- [WHAT THE EXERCISE ASKS] The response has to be every entry, printed word for word.
[SUPPLIED RECORDS — start]
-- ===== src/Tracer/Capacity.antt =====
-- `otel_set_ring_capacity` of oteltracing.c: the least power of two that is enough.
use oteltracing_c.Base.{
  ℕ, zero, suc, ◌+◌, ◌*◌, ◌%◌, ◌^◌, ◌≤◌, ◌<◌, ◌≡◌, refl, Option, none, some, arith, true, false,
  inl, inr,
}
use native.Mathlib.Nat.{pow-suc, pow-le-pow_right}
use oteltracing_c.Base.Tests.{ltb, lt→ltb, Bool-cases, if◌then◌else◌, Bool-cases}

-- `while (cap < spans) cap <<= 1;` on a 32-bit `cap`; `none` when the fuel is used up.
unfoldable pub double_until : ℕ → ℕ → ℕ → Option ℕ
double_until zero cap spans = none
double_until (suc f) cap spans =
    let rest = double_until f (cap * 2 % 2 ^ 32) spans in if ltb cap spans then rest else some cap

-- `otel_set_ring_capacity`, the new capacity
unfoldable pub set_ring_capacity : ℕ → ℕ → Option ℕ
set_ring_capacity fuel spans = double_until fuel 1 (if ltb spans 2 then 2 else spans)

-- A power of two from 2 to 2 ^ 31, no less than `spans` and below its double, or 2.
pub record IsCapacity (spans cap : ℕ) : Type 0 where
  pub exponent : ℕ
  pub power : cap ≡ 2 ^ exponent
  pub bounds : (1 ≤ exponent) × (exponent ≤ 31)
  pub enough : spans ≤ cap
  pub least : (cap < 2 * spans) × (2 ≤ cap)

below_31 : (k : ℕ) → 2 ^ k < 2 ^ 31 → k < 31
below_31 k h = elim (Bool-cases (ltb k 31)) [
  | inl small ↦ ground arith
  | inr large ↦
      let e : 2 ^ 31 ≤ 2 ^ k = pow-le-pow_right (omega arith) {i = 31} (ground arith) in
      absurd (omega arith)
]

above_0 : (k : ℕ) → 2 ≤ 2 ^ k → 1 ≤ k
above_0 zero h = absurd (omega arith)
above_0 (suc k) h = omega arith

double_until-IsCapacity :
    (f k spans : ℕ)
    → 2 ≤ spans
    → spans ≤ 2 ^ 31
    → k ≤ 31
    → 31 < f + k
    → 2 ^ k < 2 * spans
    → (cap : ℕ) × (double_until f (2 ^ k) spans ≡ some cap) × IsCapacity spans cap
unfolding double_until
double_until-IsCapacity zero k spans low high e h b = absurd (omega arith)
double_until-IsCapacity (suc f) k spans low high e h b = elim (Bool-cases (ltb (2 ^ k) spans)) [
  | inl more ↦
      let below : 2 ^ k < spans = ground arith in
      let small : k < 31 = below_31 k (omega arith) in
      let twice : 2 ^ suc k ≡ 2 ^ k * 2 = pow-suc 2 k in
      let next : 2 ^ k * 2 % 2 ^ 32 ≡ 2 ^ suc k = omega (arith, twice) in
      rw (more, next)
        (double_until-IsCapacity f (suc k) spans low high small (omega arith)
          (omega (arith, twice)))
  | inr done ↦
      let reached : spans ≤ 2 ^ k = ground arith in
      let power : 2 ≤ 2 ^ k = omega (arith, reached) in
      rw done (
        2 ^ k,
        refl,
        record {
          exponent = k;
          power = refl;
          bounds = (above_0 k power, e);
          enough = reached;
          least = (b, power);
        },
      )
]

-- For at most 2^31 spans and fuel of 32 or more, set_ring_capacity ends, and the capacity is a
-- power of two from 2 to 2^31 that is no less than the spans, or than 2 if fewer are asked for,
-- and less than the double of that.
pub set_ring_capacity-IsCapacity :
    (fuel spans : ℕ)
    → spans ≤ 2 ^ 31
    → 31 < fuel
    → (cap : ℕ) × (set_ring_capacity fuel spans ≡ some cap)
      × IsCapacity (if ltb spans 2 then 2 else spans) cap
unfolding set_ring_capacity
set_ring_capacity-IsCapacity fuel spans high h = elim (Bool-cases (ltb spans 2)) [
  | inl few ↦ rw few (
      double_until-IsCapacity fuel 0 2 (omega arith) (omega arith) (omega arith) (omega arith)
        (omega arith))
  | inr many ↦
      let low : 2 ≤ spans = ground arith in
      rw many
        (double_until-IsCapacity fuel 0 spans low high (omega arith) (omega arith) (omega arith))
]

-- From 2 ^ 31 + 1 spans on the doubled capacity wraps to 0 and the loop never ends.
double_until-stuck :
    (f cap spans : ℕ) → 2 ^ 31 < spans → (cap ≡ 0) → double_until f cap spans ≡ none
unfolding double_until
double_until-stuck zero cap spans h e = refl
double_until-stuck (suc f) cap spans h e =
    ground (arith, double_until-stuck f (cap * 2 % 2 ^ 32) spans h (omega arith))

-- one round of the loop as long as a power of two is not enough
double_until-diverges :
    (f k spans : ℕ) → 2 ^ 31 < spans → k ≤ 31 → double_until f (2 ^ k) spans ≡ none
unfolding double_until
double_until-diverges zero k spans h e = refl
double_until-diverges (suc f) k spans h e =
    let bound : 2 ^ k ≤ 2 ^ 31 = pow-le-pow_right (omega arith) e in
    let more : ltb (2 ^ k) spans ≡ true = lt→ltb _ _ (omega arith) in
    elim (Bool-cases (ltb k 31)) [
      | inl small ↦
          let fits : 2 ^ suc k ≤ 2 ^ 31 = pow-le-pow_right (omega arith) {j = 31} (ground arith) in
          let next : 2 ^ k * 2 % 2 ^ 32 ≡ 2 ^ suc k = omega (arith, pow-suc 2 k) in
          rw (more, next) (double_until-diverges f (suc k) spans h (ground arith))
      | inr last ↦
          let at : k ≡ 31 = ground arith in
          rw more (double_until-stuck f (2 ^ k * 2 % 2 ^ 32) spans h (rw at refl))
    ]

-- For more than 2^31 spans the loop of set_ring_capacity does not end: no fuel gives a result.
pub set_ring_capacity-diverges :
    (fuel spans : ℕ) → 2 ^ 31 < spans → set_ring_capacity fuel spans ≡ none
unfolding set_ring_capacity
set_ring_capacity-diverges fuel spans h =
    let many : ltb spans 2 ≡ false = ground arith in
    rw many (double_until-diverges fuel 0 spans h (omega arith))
[SUPPLIED RECORDS — finish]
- [THE ANSWER]
-- ===== src/Tracer/Capacity.antt =====
-- `otel_set_ring_capacity` of oteltracing.c: the least power of two that is enough.
use oteltracing_c.Base.{
  ℕ, zero, suc, ◌+◌, ◌*◌, ◌%◌, ◌^◌, ◌≤◌, ◌<◌, ◌≡◌, refl, Option, none, some, arith, true, false,
  inl, inr,
}
use native.Mathlib.Nat.{pow-suc, pow-le-pow_right}
use oteltracing_c.Base.Tests.{ltb, lt→ltb, Bool-cases, if◌then◌else◌, Bool-cases}

-- `while (cap < spans) cap <<= 1;` on a 32-bit `cap`; `none` when the fuel is used up.
unfoldable pub double_until : ℕ → ℕ → ℕ → Option ℕ
double_until zero cap spans = none
double_until (suc f) cap spans =
    let rest = double_until f (cap * 2 % 2 ^ 32) spans in if ltb cap spans then rest else some cap

-- `otel_set_ring_capacity`, the new capacity
unfoldable pub set_ring_capacity : ℕ → ℕ → Option ℕ
set_ring_capacity fuel spans = double_until fuel 1 (if ltb spans 2 then 2 else spans)

-- A power of two from 2 to 2 ^ 31, no less than `spans` and below its double, or 2.
pub record IsCapacity (spans cap : ℕ) : Type 0 where
  pub exponent : ℕ
  pub power : cap ≡ 2 ^ exponent
  pub bounds : (1 ≤ exponent) × (exponent ≤ 31)
  pub enough : spans ≤ cap
  pub least : (cap < 2 * spans) × (2 ≤ cap)

below_31 : (k : ℕ) → 2 ^ k < 2 ^ 31 → k < 31
below_31 k h = elim (Bool-cases (ltb k 31)) [
  | inl small ↦ ground arith
  | inr large ↦
      let e : 2 ^ 31 ≤ 2 ^ k = pow-le-pow_right (omega arith) {i = 31} (ground arith) in
      absurd (omega arith)
]

above_0 : (k : ℕ) → 2 ≤ 2 ^ k → 1 ≤ k
above_0 zero h = absurd (omega arith)
above_0 (suc k) h = omega arith

double_until-IsCapacity :
    (f k spans : ℕ)
    → 2 ≤ spans
    → spans ≤ 2 ^ 31
    → k ≤ 31
    → 31 < f + k
    → 2 ^ k < 2 * spans
    → (cap : ℕ) × (double_until f (2 ^ k) spans ≡ some cap) × IsCapacity spans cap
unfolding double_until
double_until-IsCapacity zero k spans low high e h b = absurd (omega arith)
double_until-IsCapacity (suc f) k spans low high e h b = elim (Bool-cases (ltb (2 ^ k) spans)) [
  | inl more ↦
      let below : 2 ^ k < spans = ground arith in
      let small : k < 31 = below_31 k (omega arith) in
      let twice : 2 ^ suc k ≡ 2 ^ k * 2 = pow-suc 2 k in
      let next : 2 ^ k * 2 % 2 ^ 32 ≡ 2 ^ suc k = omega (arith, twice) in
      rw (more, next)
        (double_until-IsCapacity f (suc k) spans low high small (omega arith)
          (omega (arith, twice)))
  | inr done ↦
      let reached : spans ≤ 2 ^ k = ground arith in
      let power : 2 ≤ 2 ^ k = omega (arith, reached) in
      rw done (
        2 ^ k,
        refl,
        record {
          exponent = k;
          power = refl;
          bounds = (above_0 k power, e);
          enough = reached;
          least = (b, power);
        },
      )
]

-- For at most 2^31 spans and fuel of 32 or more, set_ring_capacity ends, and the capacity is a
-- power of two from 2 to 2^31 that is no less than the spans, or than 2 if fewer are asked for,
-- and less than the double of that.
pub set_ring_capacity-IsCapacity :
    (fuel spans : ℕ)
    → spans ≤ 2 ^ 31
    → 31 < fuel
    → (cap : ℕ) × (set_ring_capacity fuel spans ≡ some cap)
      × IsCapacity (if ltb spans 2 then 2 else spans) cap
unfolding set_ring_capacity
set_ring_capacity-IsCapacity fuel spans high h = elim (Bool-cases (ltb spans 2)) [
  | inl few ↦ rw few (
      double_until-IsCapacity fuel 0 2 (omega arith) (omega arith) (omega arith) (omega arith)
        (omega arith))
  | inr many ↦
      let low : 2 ≤ spans = ground arith in
      rw many
        (double_until-IsCapacity fuel 0 spans low high (omega arith) (omega arith) (omega arith))
]

-- From 2 ^ 31 + 1 spans on the doubled capacity wraps to 0 and the loop never ends.
double_until-stuck :
    (f cap spans : ℕ) → 2 ^ 31 < spans → (cap ≡ 0) → double_until f cap spans ≡ none
unfolding double_until
double_until-stuck zero cap spans h e = refl
double_until-stuck (suc f) cap spans h e =
    ground (arith, double_until-stuck f (cap * 2 % 2 ^ 32) spans h (omega arith))

-- one round of the loop as long as a power of two is not enough
double_until-diverges :
    (f k spans : ℕ) → 2 ^ 31 < spans → k ≤ 31 → double_until f (2 ^ k) spans ≡ none
unfolding double_until
double_until-diverges zero k spans h e = refl
double_until-diverges (suc f) k spans h e =
    let bound : 2 ^ k ≤ 2 ^ 31 = pow-le-pow_right (omega arith) e in
    let more : ltb (2 ^ k) spans ≡ true = lt→ltb _ _ (omega arith) in
    elim (Bool-cases (ltb k 31)) [
      | inl small ↦
          let fits : 2 ^ suc k ≤ 2 ^ 31 = pow-le-pow_right (omega arith) {j = 31} (ground arith) in
          let next : 2 ^ k * 2 % 2 ^ 32 ≡ 2 ^ suc k = omega (arith, pow-suc 2 k) in
          rw (more, next) (double_until-diverges f (suc k) spans h (ground arith))
      | inr last ↦
          let at : k ≡ 31 = ground arith in
          rw more (double_until-stuck f (2 ^ k * 2 % 2 ^ 32) spans h (rw at refl))
    ]

-- For more than 2^31 spans the loop of set_ring_capacity does not end: no fuel gives a result.
pub set_ring_capacity-diverges :
    (fuel spans : ℕ) → 2 ^ 31 < spans → set_ring_capacity fuel spans ≡ none
unfolding set_ring_capacity
set_ring_capacity-diverges fuel spans h =
    let many : ltb spans 2 ≡ false = ground arith in
    rw many (double_until-diverges fuel 0 spans h (omega arith))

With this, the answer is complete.